We hope that we have addressed the concerns in your comments, and please kindly let us know if there is any further concern, and we are happy to clarify.
Best regards,
All authors
Dear Reviewer SDXC,
Thank you for your prompt reply, allowing us the opportunity to further clarify your concerns.
1. Difference from Traditional Ensembling Methods
Although Link-MoE leverages different link prediction models, it is not a simple ensembling method. Meanwhile, we respectively disagree "it is not a "surprising" thing to see performance gain by bundling SOTA methods together.". In fact, traditional ensembling methods often do not outperform the strongest individual base model. To illustrate this, we tested four ensembling methods, including Mean-Ensemble and Global-Ensemble in our paper, as well as two new ensembling methods [1][2]. For all these methods, we used the same base models to ensure a fair comparison. The results are shown below:
| ogbl-collab | Pubmed | |
|---|---|---|
| Best Expert | 66.13 | 44.73 |
| Mean-Ensemble | 66.82 | 38.54 |
| Global-Ensemble | 67.08 | 37.63 |
| Ensemble [1] | 69.65 | 41.21 |
| Ensemble [2] | 65.11 | 43.92 |
| Traditional gating | 66.59 | 42.15 |
| Link-MoE | 71.32 | 53.10 |
The results indicate that these traditional ensembling methods typically have comparable or even worse performance compared to the best individual expert. This underscore the key contribution to Link-MoE’s success is its ability to assign different node pairs to different experts based on our gating mechanism. The design of this gating mechanism is informed by our preliminary studies, which revealed that different experts excel at different heuristics.
Additionally, we tested the traditional gating in MoE, which uses the same input as the experts. The results show that the performance of 'Traditional Gating' is even worse than the best expert. This highlights that the strength and contribution of Link-MoE lies not in simple ensembling, but in its intelligent and heuristic-informed allocation of node pairs to the most suitable experts.
2. The name of MoE
The term "Mixture of Experts" (MoE) is a broad concept that can be traced back to foundational works such as [3][4]. These MoE models follow the divide-and-conquer principle, where the problem space is divided into subspaces, each of which is potentially easier to solve with specialized experts. Many papers [3,4,5,6] have leveraged the MoE framework to improve model performance, as outlined in the survey [7]. In recent years, MoE has gained popularity again due to the introduction of sparse gating mechanisms, which allows for increasing the model parameters while maintaining efficiency. However, the essence of MoE is not limited to parameter efficiency or reduction. The core idea is the strategic use of specialized experts to handle different aspects of the problem. Our Link-MoE model adheres to this divide-and-conquer principle by routing different node pairs to different experts based on the characteristics of the node pairs.
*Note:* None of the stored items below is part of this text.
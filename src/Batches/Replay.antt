-- ===== src/Batches/Replay.antt =====
-- Reserving a batch twice: src/core/generation-batch.ts.
use shan_hai_edu_ppt.Base.{◌+◌, ◌≡◌, some, String, Result, ok, err}
use shan_hai_edu_ppt.Contracts.Accounting.{StoredGenerationBatch}
use shan_hai_edu_ppt.Policy.{PolicyCode, RunPolicyState}
use shan_hai_edu_ppt.Ports.{StepRecord, StoredRun}
use shan_hai_edu_ppt.Batches.Reserve.{Reservation, usage_v2_batch_reservation_id, as_batch_code}
use shan_hai_edu_ppt.Batches.Steps.{Found}

-- What a new reservation by the usage service leaves.
record Reserved (s : StoredRun) (key : String) (step : StepRecord) (r : Reservation) (t : StoredRun)
    : Type 0 where
  kept : StepRecord
  batch : StoredGenerationBatch
  found : Found t key kept batch
  named : kept.budget_reservation_id ≡ some (usage_v2_batch_reservation_id batch)
  given :
      r ≡ record { batch_id = batch.batch_id; reservation_id = usage_v2_batch_reservation_id batch }
  committed :
      t.run.policy.committed_budget_units ≡ s.run.policy.committed_budget_units + step.budget_units

pub as_batch_code-ok :
    (m : Result PolicyCode RunPolicyState) {p : RunPolicyState} → as_batch_code m ≡ ok p → m ≡ ok p
as_batch_code-ok (err e) h = cc
as_batch_code-ok (ok q) h = cc
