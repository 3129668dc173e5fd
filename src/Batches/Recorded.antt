-- ===== src/Batches/Recorded.antt =====
-- What settling and releasing a batch of src/core/generation-batch.ts records.
use shan_hai_edu_ppt.Base.{
  ℕ, ◌+◌, ◌≡◌, ◌∙◌, ap, subst, sym, refl, inl, inr, Bool, true, Option, none, some, String, ltb,
  ◌==◌, arith, Bool-cases, Result, ok, bind_ok,
}
use shan_hai_edu_ppt.Base.Int.{pos, int}
use shan_hai_edu_ppt.Contracts.Accounting.{
  Settlement, BatchStatus, BatchAccounting, StoredGenerationBatch, is_settlement_finished,
  is_valid_batch,
}
use shan_hai_edu_ppt.Policy.{RunPolicyState, release_budget}
use shan_hai_edu_ppt.Ports.{completed, batch_output, StepRecord, RunRecord, StoredRun}
use shan_hai_edu_ppt.Ports.Repository.{put_step, append_event}
use shan_hai_edu_ppt.Batches.{BatchCode, updated_batch, put}
use shan_hai_edu_ppt.Batches.Reserve.{as_batch_code}
use shan_hai_edu_ppt.Batches.Replay.{as_batch_code-ok}
use shan_hai_edu_ppt.Batches.Finalize.{
  Allocation, close_raster, settled_accounting, release_units, announce_release, settle,
  finalize_usage_v2_generation_batch,
}
use shan_hai_edu_ppt.Batches.Steps.{
  Found, Found-with_batch, put-Found, parsed-ok, append_generation_batch_event-steps,
  append_generation_batch_event-run,
}

release_commits :
    (p : RunPolicyState) (units : ℕ) {q : RunPolicyState}
    → release_budget p (int (pos units)) ≡ ok q
    → q.committed_budget_units + units ≡ p.committed_budget_units
unfolding release_budget
release_commits p units h = ground arith

ok_inj : {s t : StoredRun} → ◌≡◌ {A = Result BatchCode StoredRun} (ok s) (ok t) → s ≡ t
ok_inj h = cc

-- The run and the steps that a release leaves, whatever it announces.
release_units-committed :
    (units now : ℕ) (s : StoredRun) {t : StoredRun}
    → release_units units now s ≡ ok t
    → (t.run.policy.committed_budget_units + units ≡ s.run.policy.committed_budget_units)
      × (t.steps ≡ s.steps)
release_units-committed units now s {t} h = elim (Bool-cases (ltb 0 units)) [
  | inl some_units ↦
      let (policy, releases, done) =
        bind_ok (as_batch_code (release_budget s.run.policy (int (pos units)))) _
          (rw some_units at h) in
      let after = ok_inj done in
      (
        omega (
          arith,
          release_commits s.run.policy units {q = policy} (as_batch_code-ok _ releases),
          ap (λ (x : StoredRun). x.run.policy.committed_budget_units) after,
        ),
        ap (λ (x : StoredRun). x.steps) (sym after),
      )
  | inr no_units ↦
      let after = ok_inj (rw no_units at h) in
      (
        ground (arith, no_units, ap (λ (x : StoredRun). x.run.policy.committed_budget_units) after),
        ap (λ (x : StoredRun). x.steps) (sym after),
      )
]

announce_release-kept :
    (units : ℕ) (s : StoredRun)
    → ((announce_release units s).run ≡ s.run) × ((announce_release units s).steps ≡ s.steps)
unfolding append_event
announce_release-kept units s = elim (Bool-cases (ltb 0 units)) [
  | inl announced ↦ rw announced (refl, refl)
  | inr silent ↦ rw silent (refl, refl)
]

-- A batch that the run has recorded as settled under the key.
pub record Settled (key : String) (t : StoredRun) : Type 0 where
  pub step : StepRecord
  pub batch : StoredGenerationBatch
  pub found : Found t key step batch
  pub finished : is_settlement_finished batch.accounting.settlement ≡ true

-- The batch under the key has these amounts recorded.
pub record Records (key : String) (settled released : ℕ) (t : StoredRun) : Type 0 where
  pub step : StepRecord
  pub batch : StoredGenerationBatch
  pub found : Found t key step batch
  pub settled_units : batch.accounting.settled_units ≡ settled
  pub released_units : batch.accounting.released_units ≡ released

pub Settled-again :
    (key : String) (t : StoredRun)
    → Settled key t
    → (again : Bool) (later : ℕ)
    → finalize_usage_v2_generation_batch key again later t ≡ ok (true, t)
unfolding finalize_usage_v2_generation_batch
Settled-again key t v again later =
    Found-with_batch t key v.step v.batch _ v.found ∙ (rw v.finished refl)

settled_finished :
    (b : BatchAccounting) (a : Allocation)
    → is_settlement_finished (settled_accounting b a).settlement ≡ true
settled_finished b a = elim (Bool-cases (a.settled_units == 0)) [
  | inl e ↦ rw e refl
  | inr e ↦ rw e refl
]

pub pair_inj :
    {x y : Bool} {s t : StoredRun}
    → ◌≡◌ {A = Result BatchCode (Bool × StoredRun)} (ok (x, s)) (ok (y, t))
    → (x ≡ y) × (s ≡ t)
pair_inj h = (cc, cc)

-- What a transaction has recorded as settled.
recorded-Settled :
    (key : String) (now : ℕ) (s t : StoredRun) (step : StepRecord) (b next : StoredGenerationBatch)
    (after : BatchAccounting)
    → Found s key step b
    → updated_batch b after now BatchStatus.completed ≡ ok next
    → is_settlement_finished after.settlement ≡ true
    → t.steps
      ≡ put_step
          (record step { status = completed; output = batch_output next; updated_at = now })
          s.steps
    → Settled key t × Records key after.settled_units after.released_units t
unfolding updated_batch
recorded-Settled key now s t step b next after f updates finished steps =
    let (same, valid) = parsed-ok _ next updates in
    let new : StepRecord = record step {
      status = completed;
      output = batch_output next;
      updated_at = now;
    } in
    let found : Found t key new next =
      put-Found s t key step new b next f refl refl refl
        (subst (λ x. is_valid_batch x ≡ true) same valid) steps in
    (
      record {
        step = new;
        batch = next;
        found = found;
        finished =
            ap (λ (x : StoredGenerationBatch). is_settlement_finished x.accounting.settlement)
              (sym same)
            ∙ finished;
      },
      record {
        step = new;
        batch = next;
        found = found;
        settled_units = ap (λ (x : StoredGenerationBatch). x.accounting.settled_units) (sym same);
        released_units = ap (λ (x : StoredGenerationBatch). x.accounting.released_units) (sym same);
      },
    )

pub settle-Settled :
    (key : String) (publish : Bool) (now : ℕ) (s t : StoredRun) (step : StepRecord)
    (b : StoredGenerationBatch) (a : Allocation)
    → Found s key step b
    → settle publish now s step b a ≡ ok (true, t)
    → Settled key t
      × Records key a.settled_units a.released_units t
      × (t.run.policy.committed_budget_units + a.released_units
          ≡ s.run.policy.committed_budget_units)
unfolding settle
settle-Settled key publish now s t step b a f h =
    let accounting = settled_accounting b.accounting a in
    let (next, updates, h1) = bind_ok (updated_batch b accounting now BatchStatus.completed) _ h in
    let (u, releases, h2) = bind_ok (release_units a.released_units now s) _ h1 in
    let (paid, steps_kept) = release_units-committed a.released_units now s {t = u} releases in
    let new : StepRecord = record step {
      status = completed;
      output = batch_output next;
      updated_at = now;
    } in
    let before = announce_release a.released_units (put new u) in
    let (run_kept, put_kept) = announce_release-kept a.released_units (put new u) in
    let after = (pair_inj h2).1 in
    let run_after : t.run ≡ u.run =
      ap (λ (x : StoredRun). x.run) (sym after)
      ∙ append_generation_batch_event-run publish next before
      ∙ run_kept in
    let (settled, recorded) =
      recorded-Settled key now s t step b next accounting f updates
        (settled_finished b.accounting a)
        (ap (λ (x : StoredRun). x.steps) (sym after)
          ∙ append_generation_batch_event-steps publish next before
          ∙ put_kept
          ∙ ap (put_step new) steps_kept) in
    (
      settled,
      recorded,
      ap (λ (x : RunRecord). x.policy.committed_budget_units + a.released_units) run_after ∙ paid,
    )

pub close_raster-Settled :
    (key : String) (publish : Bool) (now : ℕ) (s t : StoredRun) (step : StepRecord)
    (b : StoredGenerationBatch) (o : Option Allocation)
    → Found s key step b
    → close_raster publish now s step b o ≡ ok (true, t)
    → Settled key t × Records key 0 0 t × (t.run ≡ s.run)
close_raster-Settled key publish now s t step b none f h = absurd (ground arith)
close_raster-Settled key publish now s t step b (some a) f h =
    let accounting : BatchAccounting = record b.accounting {
      committed_units = 0;
      settled_units = 0;
      released_units = 0;
      reconciliation_units = 0;
      settlement = Settlement.released;
    } in
    let (next, updates, h1) = bind_ok (updated_batch b accounting now BatchStatus.completed) _ h in
    let after = (pair_inj h1).1 in
    let before =
      put (record step { status = completed; output = batch_output next; updated_at = now }) s in
    let (settled, recorded) = recorded-Settled key now s t step b next accounting f updates refl (
      ap (λ (x : StoredRun). x.steps) (sym after)
      ∙ append_generation_batch_event-steps publish next before) in
    (
      settled,
      recorded,
      ap (λ (x : StoredRun). x.run) (sym after)
          ∙ append_generation_batch_event-run publish next before,
    )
Therefore, we believe that Link-MoE can be considered as a MoE model.
Dear Reviewer SDXC,
We appreciate your thorough review and have provided a detailed response to your concerns. Since the end of the discussion period is approaching, we kindly request your feedback on our response. Your insights are crucial, and we want to ensure that any remaining issues are addressed before the discussion period concludes. Please let us know if there are any further points that need clarification.
Thank you for your time and consideration.
Best regards,
All authors
Thank the authors for addressing my questions. I have further concerns regarding the scalability of Link-MoE:
The training and inference of LP models can both happen offline.
However, it is not a solid reason that a practical method can trade efficiency for performance gain. One of the most challenging issues of LP tasks is that the potential edges to score is . Therefore, even in an offline setting, efficiency is of great concern for any practical LP model.
Two-stage strategy to recall first and score later.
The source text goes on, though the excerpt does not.